The new issue of Aztlán: A Journal of Chicano Studies is rolling off the presses and should be in subscribers’ mailboxes shortly. If you are not a subscriber, you will miss the following wonderful articles: Paul Allatson on the poetry and prose of the late Chicano author Gil Cuadros; Steven S. Volk and Marian E. Schlotterbeck on three cultural responses to the femicide of women in Ciudad Juárez; Susan Rippberger and Kathleen Staudt on public schooling on both sides of the U.S.-Mexico border; Robert Chao Romero on Chinese-Mexican intermarriage during the early twentieth century; and Tara J. Yosso and David G. García on a critical race analysis of Culture Clash’s play, Chavez Ravine. The dossier section includes personal essays on the year 1972, and Patssi Valdez is the cover artist. If you would like to subscribe, you can go to the CSRC store to buy a current subscription or send the Center your postal address by email so that they can send you a subscription package. The Center is also selling full sets of the journal in hard copy for $100. Just send an email!

◙ New issue: Somos Primos for this month is now live.

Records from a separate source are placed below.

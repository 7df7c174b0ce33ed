-- ===== src/Crypt/Transpose/Key.antt =====
-- The index that the sorted key gives: each column once, in the order of the letters.
use linux_0_01raf.Prelude.{
  ℕ, zero, suc, ◌+◌, ◌≤◌, ◌<◌, ◌≡◌, ◌∙◌, sym, ◌&&◌, refl, true, List, [], ◌∷◌, arith, ltb,
  if◌then◌else◌, length, get_or,
}
use linux_0_01raf.Prelude.Count.{count, IsPermBelow, length_of_perm, below_of_perm}
use linux_0_01raf.Crypt.Sort.{Arrays, char_le, index_at, key_at, strlen, lower, to_lower_case}
use linux_0_01raf.Crypt.Sort.Shuffle.{Fits, Shuffle-count, IsAligned, Shuffle-IsAligned}
use linux_0_01raf.Crypt.Sort.Sorted.{Sorts, sort-Sorts}
use linux_0_01raf.Crypt.Transpose.{identity_indices, sorted_key}

length-identity_indices : (n i : ℕ) → length (identity_indices n i) ≡ n
unfolding identity_indices
length-identity_indices zero i = refl
length-identity_indices (suc n) i = omega (arith, length-identity_indices n (i + 1))

get_or-identity_indices : (n i k : ℕ) → k < n → get_or (identity_indices n i) k 0 ≡ i + k
unfolding identity_indices
get_or-identity_indices zero i k h = absurd (omega arith)
get_or-identity_indices (suc n) i zero h = omega arith
get_or-identity_indices (suc n) i (suc k) h =
    omega (arith, get_or-identity_indices n (i + 1) k (omega arith))

count-identity_indices :
    (n i v : ℕ)
    → count v (identity_indices n i) ≡ (if ltb v i then 0 else if ltb v (i + n) then 1 else 0)
unfolding identity_indices
count-identity_indices zero i v = ground arith
count-identity_indices (suc n) i v = ground (arith, count-identity_indices n (i + 1) v)

length-to_lower_case : (key : List ℕ) → length (to_lower_case key) ≡ strlen key
unfolding to_lower_case strlen
length-to_lower_case [] = refl
length-to_lower_case (c ∷ cs) = ground (arith, length-to_lower_case cs)

-- the arrays before the sort
abbrev unsorted : List ℕ → Arrays
unsorted key = record {
  index_array = identity_indices (strlen key) 0;
  global_key_local = to_lower_case key;
}

unsorted-Fits : (key : List ℕ) → Fits (strlen key) (unsorted key)
unsorted-Fits key = omega (arith, length-identity_indices (strlen key) 0, length-to_lower_case key)

sorted_key-Sorts : (key : List ℕ) → Sorts 0 (strlen key) (unsorted key) (sorted_key key)
unfolding sorted_key
sorted_key-Sorts key =
    sort-Sorts (strlen key) 0 (strlen key) (unsorted key) (omega arith) (unsorted-Fits key)

-- The sorted index holds each column below the key's length once.
pub sorted_key-IsPermBelow : (key : List ℕ) → IsPermBelow (strlen key) (sorted_key key).index_array
sorted_key-IsPermBelow key v = ground (
  arith,
  Shuffle-count v (sorted_key-Sorts key).moves (unsorted-Fits key),
  count-identity_indices (strlen key) 0 v,
)

unsorted-IsAligned : (key : List ℕ) → IsAligned (strlen key) (to_lower_case key) (unsorted key)
unsorted-IsAligned key k h = rw (get_or-identity_indices (strlen key) 0 k h) (ground arith)

-- the letter that a capital becomes, and any other byte itself
abbrev pub small_letter : ℕ → ℕ
small_letter c = if ltb 64 c && ltb c 91 then 32 + c else c

get_or-to_lower_case :
    (key : List ℕ) (k : ℕ)
    → k < strlen key
    → get_or (to_lower_case key) k 0 ≡ small_letter (get_or key k 0)
unfolding to_lower_case strlen lower
get_or-to_lower_case [] k h = absurd (omega arith)
get_or-to_lower_case (c ∷ cs) zero h = ground arith
get_or-to_lower_case (c ∷ cs) (suc k) h = ground (arith, get_or-to_lower_case cs k)

-- The index that `buffer_encr` and `buffer_decr` compute from any key holds each column below the
-- key's length exactly once, and the columns' letters, in lower case, stand in the order of `char`.
pub key_order :
    (key : List ℕ)
    → IsPermBelow (strlen key) (sorted_key key).index_array
      × ((a b : ℕ)
          → a ≤ b
          → b < strlen key
          → char_le
              (small_letter (get_or key (index_at (sorted_key key) a) 0))
              (small_letter (get_or key (index_at (sorted_key key) b) 0))
            ≡ true)
key_order key = (
  sorted_key-IsPermBelow key,
  λ a b h l. rw (letter a (omega arith), letter b l) (sorted.ordered a b (omega arith) h l),
)
  where
    sorted : Sorts 0 (strlen key) (unsorted key) (sorted_key key)
    sorted = sorted_key-Sorts key

    aligned : IsAligned (strlen key) (to_lower_case key) (sorted_key key)
    aligned =
        Shuffle-IsAligned (to_lower_case key) sorted.moves (unsorted-Fits key)
          (unsorted-IsAligned key)

    perm : IsPermBelow (strlen key) (sorted_key key).index_array
    perm = sorted_key-IsPermBelow key

    letter :
        (k : ℕ)
        → k < strlen key
        → small_letter (get_or key (index_at (sorted_key key) k) 0) ≡ key_at (sorted_key key) k
    letter k h = sym (
        aligned k h
        ∙ get_or-to_lower_case key _ (
            below_of_perm (strlen key) (sorted_key key).index_array k perm
              (omega (arith, length_of_perm (strlen key) (sorted_key key).index_array perm))))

Edited by Mimi Lozano, Somos Primos is dedicated to “Hispanic Heritage and Diversity Issues” and is produced by the Society of Hispanic Historical and Ancestral Research.

◙ Over at the El Paso Times: Book editor Ramón Rentería reviewed Rafaela Castro’s new book, Provocaciones: Letters From the Prettiest Girl in Arvin (Chusma House, $13.95 paperback), a collection of essays depicting her close-knit family from the late 1930s to the 1990s.

All done. So, until next Monday, enjoy the intervening posts from mis compadres y comadres at La Bloga. ¡Lea un libro! --Daniel Olivas

2 comments:

C.M. Mayo said...

Gracias Daniel! By the way-- as many people ask me about this-- the cover was designed by Ines Hilde and the painting,
"Aguacates" is by Edgar Soberon.

Emmy said...

Thanks for mentioning The Wind Shifts, Daniel. Francisco Aragon did a beautiful job with it. Thank you for the mention.